Crystals grow. Snowflakes grow. Stars and planets grow. Comets grow. Stalactites and stalagmites grow. River deltas grow. So much for your education.


JmCastor said:


> its a child as soon as the sperm and egg meet


That's your modern mythological interpretation that is not supported by logic or reality. It's not even support by the bible which explicitly states that terminating a pregnancy is not equivalent to murder (which is punishable by death), but merely a "wrong" that is to be settled by the injurer negotiating a fine with the potential father.


JmCastor said:


> Granted there are some cases where the Mother has to get rid of the child or die, and this is understandable to me. It's LIFE shouldn't mean more than the Mother's LIFE, but its LIFE should mean more than the Mother's whimsical desires. It should mean more than that lady who got pregnant JUST to get an abortion and record it.....

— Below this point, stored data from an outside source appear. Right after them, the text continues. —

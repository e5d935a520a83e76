-- ===== src/Instance/Supervisor/Recover/Consistent.antt =====
-- The startup passes keep the invariant.
use copilot_pool_gateway.Base.{
  ℕ, ◌≡◌, refl, Bool, true, false, not, ◌||◌, List, [], ◌∷◌, Option, none, some, ◌==◌,
  if◌then◌else◌, eqb, trim,
}
use copilot_pool_gateway.Base.StringMap.{get}
use copilot_pool_gateway.Store.Disk.{Result}
use copilot_pool_gateway.Store.Account.{Account}
use copilot_pool_gateway.Store.Account.Lookup.{get_enabled_accounts}
use copilot_pool_gateway.Instance.Ports.{PortPool, Outcome, ok, err, reserve}
use copilot_pool_gateway.Instance.Ports.Laws.{Granted, reserve-Granted}
use copilot_pool_gateway.Instance.Supervisor.{Supervisor, Worker}
use copilot_pool_gateway.Instance.Supervisor.Invariant.{IsConsistent, register-IsConsistent}
use copilot_pool_gateway.Instance.Supervisor.Spawn.{Launch}
use copilot_pool_gateway.Instance.Supervisor.Spawn.Consistent.{
  spawn-IsConsistent, if-IsConsistent, released-IsConsistent,
}
use copilot_pool_gateway.Instance.Supervisor.Recover.{
  Host, adopt_unless_live, adopt_reserved, try_adopt, spawn_unless_adopted, recover_account,
  recover_accounts, recover_from_store, migrate_account, migrate_accounts, migrate_legacy_accounts,
  or_unchanged,
}

module _ (now : ℕ) (a : Account) where
  adopt_unless_live-IsConsistent :
      (o : Option Worker) (s : Supervisor) (ports : PortPool)
      → get s.workers a.id ≡ o
      → IsConsistent s
      → Granted (λ _. true) s.ports a.worker_port ports
      → IsConsistent (adopt_unless_live o now a (record s { ports = ports })).1
  unfolding adopt_unless_live
  adopt_unless_live-IsConsistent none s ports e c g =
      register-IsConsistent s (λ _. true) a.id _ ports c e refl g
  adopt_unless_live-IsConsistent (some w) s ports e c g =
      released-IsConsistent s (λ _. true) a.worker_port ports c g

  adopt_reserved-IsConsistent :
      (r : Outcome PortPool) (s : Supervisor)
      → ((ports : PortPool) → r ≡ ok ports → Granted (λ _. true) s.ports a.worker_port ports)
      → IsConsistent s
      → IsConsistent (adopt_reserved r now a s).1
  unfolding adopt_reserved
  adopt_reserved-IsConsistent (err e) s g c = c
  adopt_reserved-IsConsistent (ok ports) s g c =
      if-IsConsistent s.closed _ _
        (released-IsConsistent s (λ _. true) a.worker_port ports c (g ports refl))
        (adopt_unless_live-IsConsistent (get s.workers a.id) s ports refl c (g ports refl))

pub try_adopt-IsConsistent :
    (h : Host) (a : Account) (s : Supervisor) → IsConsistent s → IsConsistent (try_adopt h a s).1
unfolding try_adopt
try_adopt-IsConsistent h a s c = if-IsConsistent (eqb a.worker_port 0 || eqb a.worker_pid 0) _ _ c (
    if-IsConsistent (not (h.alive a.worker_pid)) _ _ c (
      if-IsConsistent (not (h.answers_on a.worker_port)) _ _ c (
        adopt_reserved-IsConsistent h.now a (reserve a.worker_port s.ports) s
          (λ ports e. reserve-Granted (λ _. true) a.worker_port s.ports ports refl e) c)))

spawn_unless_adopted-IsConsistent :
    (l : Launch) (a : Account) (r : Outcome Bool) (s : Supervisor)
    → IsConsistent s
    → IsConsistent (spawn_unless_adopted l a (r, s))
unfolding spawn_unless_adopted
spawn_unless_adopted-IsConsistent l a (ok true) s c = c
spawn_unless_adopted-IsConsistent l a (ok false) s c = spawn-IsConsistent l _ _ _ s c
spawn_unless_adopted-IsConsistent l a (err e) s c = spawn-IsConsistent l _ _ _ s c

pub or-IsConsistent :
    (b : Bool) (x y : Supervisor)
    → IsConsistent x
    → IsConsistent y
    → IsConsistent (if b then x else y)
or-IsConsistent true x y cx cy = cx
or-IsConsistent false x y cx cy = cy

recover_accounts-IsConsistent :
    (h : Host) (accounts : List Account) (s : Supervisor)
    → IsConsistent s
    → IsConsistent (recover_accounts h accounts s)
unfolding recover_accounts recover_account
recover_accounts-IsConsistent h [] s c = c
recover_accounts-IsConsistent h (a ∷ rest) s c = recover_accounts-IsConsistent h rest _ (
    or-IsConsistent (not a.worker_managed || trim a.github_token == "") _ _ c
      (spawn_unless_adopted-IsConsistent (h.launch a.id) a _ _ (try_adopt-IsConsistent h a s c)))

migrate_accounts-IsConsistent :
    (h : Host) (accounts : List Account) (s : Supervisor)
    → IsConsistent s
    → IsConsistent (migrate_accounts h accounts s)
unfolding migrate_accounts migrate_account
migrate_accounts-IsConsistent h [] s c = c
migrate_accounts-IsConsistent h (a ∷ rest) s c = migrate_accounts-IsConsistent h rest _ (
    or-IsConsistent (a.worker_managed || trim a.github_token == "") _ _ c
      (spawn-IsConsistent (h.launch a.id) _ _ _ s c))

or_unchanged-IsConsistent :
    (f : List Account → Supervisor → Supervisor) (r : Result (List Account)) (s : Supervisor)
    → ((accounts : List Account) → IsConsistent (f accounts s))
    → IsConsistent s
    → IsConsistent (or_unchanged f r s)
or_unchanged-IsConsistent f (Result.ok accounts) s g c = g accounts
or_unchanged-IsConsistent f (Result.err e) s g c = c

pub recover_from_store-IsConsistent :
    (h : Host) (s : Supervisor) → IsConsistent s → IsConsistent (recover_from_store h s)
unfolding recover_from_store
recover_from_store-IsConsistent h s c =
    or_unchanged-IsConsistent (recover_accounts h) (get_enabled_accounts s.disk).0 s
      (λ accounts. recover_accounts-IsConsistent h accounts s c) c

pub migrate_legacy_accounts-IsConsistent :
    (h : Host) (s : Supervisor) → IsConsistent s → IsConsistent (migrate_legacy_accounts h s)
unfolding migrate_legacy_accounts
migrate_legacy_accounts-IsConsistent h s c =
    or_unchanged-IsConsistent (migrate_accounts h) (get_enabled_accounts s.disk).0 s
      (λ accounts. migrate_accounts-IsConsistent h accounts s c) c
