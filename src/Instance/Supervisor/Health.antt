-- ===== src/Instance/Supervisor/Health.antt =====
-- runHealthPass: one pass over the snapshot that All returns. HealthLoop runs a pass at each tick.
pub mod Consistent
use Prim.Native.String.{◌++◌}
use copilot_pool_gateway.Base.{
  ℕ, String, Bool, true, false, not, ◌||◌, List, [], ◌∷◌, Option, none, some, ◌==◌, if◌then◌else◌,
  trim,
}
use copilot_pool_gateway.Store.Disk.{Result}
use copilot_pool_gateway.Store.Account.{Account}
use copilot_pool_gateway.Store.Account.Lookup.{get_account}
use copilot_pool_gateway.Instance.Supervisor.{
  Supervisor, WorkerEntry, WorkerStatus, starting, stopping, crashed, start_timeout, mark_crashed,
  all,
}
use copilot_pool_gateway.Instance.Supervisor.Stop.{exits, stop}
use copilot_pool_gateway.Instance.Supervisor.Spawn.{restart}
use copilot_pool_gateway.Instance.Supervisor.Recover.{Host}

abbrev in_transition : WorkerStatus → Bool
in_transition status = elim status [ starting ↦ true | stopping ↦ true | _ ↦ false ]

abbrev has_failed : WorkerStatus → Bool
has_failed status = elim status [ crashed ↦ true | start_timeout ↦ true | _ ↦ false ]

-- The context of this stop has no end.
abbrev restart_now : Host → String → String → Supervisor → Supervisor
restart_now h id token s = (restart exits (h.launch id) id token s).1

-- A worker of an account that still wants it.
unfoldable pub check_worker : Host → String → WorkerEntry → Supervisor → Supervisor
unfolding restart mark_crashed
check_worker h token e s =
    if in_transition e.status
    then s
    else if has_failed e.status || not (h.alive e.pid)
    then restart_now h e.account_id token s
    else if h.answers_on e.port
    then s
    else restart_now h e.account_id token
        (mark_crashed e.account_id (some ("health probe failed: " ++ h.probe_error e.port)) s)

abbrev stop_now : String → Supervisor → Supervisor
stop_now id s = (stop exits id s).1

-- With what GetAccount returns.
unfoldable pub check_account :
    Result (Option Account) → Host → WorkerEntry → Supervisor → Supervisor
unfolding check_worker stop
check_account (Result.err failure) h e s = s
check_account (Result.ok none) h e s = stop_now e.account_id s
check_account (Result.ok (some a)) h e s =
    if not a.enabled || not a.worker_managed
    then stop_now e.account_id s
    else if trim a.github_token == ""
    then s
    else check_worker h (trim a.github_token) e s

-- The body of the loop.
unfoldable pub check_entry : Host → WorkerEntry → Supervisor → Supervisor
unfolding check_account
check_entry h e s = check_account (get_account e.account_id s.disk).0 h e s

pub check_entries : Host → List WorkerEntry → Supervisor → Supervisor
unfolding check_entry
check_entries h [] s = s
check_entries h (e ∷ rest) s = check_entries h rest (check_entry h e s)

-- runHealthPass
unfoldable pub run_health_pass : Host → Supervisor → Supervisor
unfolding check_entries all
run_health_pass h s = check_entries h (all s) s
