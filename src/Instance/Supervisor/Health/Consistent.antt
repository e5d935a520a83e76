-- ===== src/Instance/Supervisor/Health/Consistent.antt =====
-- A health pass keeps the invariant.
use Prim.Native.String.{◌++◌}
use copilot_pool_gateway.Base.{String, not, ◌||◌, List, [], ◌∷◌, Option, none, some, ◌==◌, trim}
use copilot_pool_gateway.Store.Disk.{Result}
use copilot_pool_gateway.Store.Account.{Account}
use copilot_pool_gateway.Instance.Supervisor.{Supervisor, WorkerEntry, all}
use copilot_pool_gateway.Instance.Supervisor.Invariant.{
  IsConsistent, stop-IsConsistent, mark_crashed-IsConsistent,
}
use copilot_pool_gateway.Instance.Supervisor.Stop.{exits}
use copilot_pool_gateway.Instance.Supervisor.Spawn.Consistent.{restart-IsConsistent}
use copilot_pool_gateway.Instance.Supervisor.Recover.{Host}
use copilot_pool_gateway.Instance.Supervisor.Recover.Consistent.{or-IsConsistent}
use copilot_pool_gateway.Instance.Supervisor.Health.{
  in_transition, has_failed, check_worker, check_account, check_entry, check_entries,
  run_health_pass,
}

check_worker-IsConsistent :
    (h : Host) (token : String) (e : WorkerEntry) (s : Supervisor)
    → IsConsistent s
    → IsConsistent (check_worker h token e s)
unfolding check_worker
check_worker-IsConsistent h token e s c = or-IsConsistent (in_transition e.status) _ _ c (
    or-IsConsistent (has_failed e.status || not (h.alive e.pid)) _ _
      (restart-IsConsistent exits (h.launch e.account_id) e.account_id token s c)
      (or-IsConsistent (h.answers_on e.port) _ _ c (
        restart-IsConsistent exits (h.launch e.account_id) e.account_id token _ (
          mark_crashed-IsConsistent e.account_id
            (some ("health probe failed: " ++ h.probe_error e.port)) s c))))

check_account-IsConsistent :
    (r : Result (Option Account)) (h : Host) (e : WorkerEntry) (s : Supervisor)
    → IsConsistent s
    → IsConsistent (check_account r h e s)
unfolding check_account
check_account-IsConsistent (Result.err failure) h e s c = c
check_account-IsConsistent (Result.ok none) h e s c = stop-IsConsistent exits e.account_id s c
check_account-IsConsistent (Result.ok (some a)) h e s c =
    or-IsConsistent (not a.enabled || not a.worker_managed) _ _
      (stop-IsConsistent exits e.account_id s c)
      (or-IsConsistent (trim a.github_token == "") _ _ c
        (check_worker-IsConsistent h (trim a.github_token) e s c))

check_entries-IsConsistent :
    (h : Host) (list : List WorkerEntry) (s : Supervisor)
    → IsConsistent s
    → IsConsistent (check_entries h list s)
unfolding check_entries check_entry
check_entries-IsConsistent h [] s c = c
check_entries-IsConsistent h (e ∷ rest) s c =
    check_entries-IsConsistent h rest _ (check_account-IsConsistent _ h e s c)

pub run_health_pass-IsConsistent :
    (h : Host) (s : Supervisor) → IsConsistent s → IsConsistent (run_health_pass h s)
unfolding run_health_pass
run_health_pass-IsConsistent h s c = check_entries-IsConsistent h (all s) s c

As I said, and you refuse to understand, it's not a life at the point of conception, or for the first several months any more than a complete set of plans or a foundation, or a partially built frame, etc. is a house.

*Please, don't claim facts or logic, when they're not on your side.*

You can't base your claim on logic, facts or reality. You can only base your claim on the current subjective interpretation of a supposedly inerrant and immutable religious mythology that you adhere to. Therefore your BELIEFS have no bearing on laws that apply to anybody outside your particular interpretation, of your particular version, of your chosen mythology. This is not debatable.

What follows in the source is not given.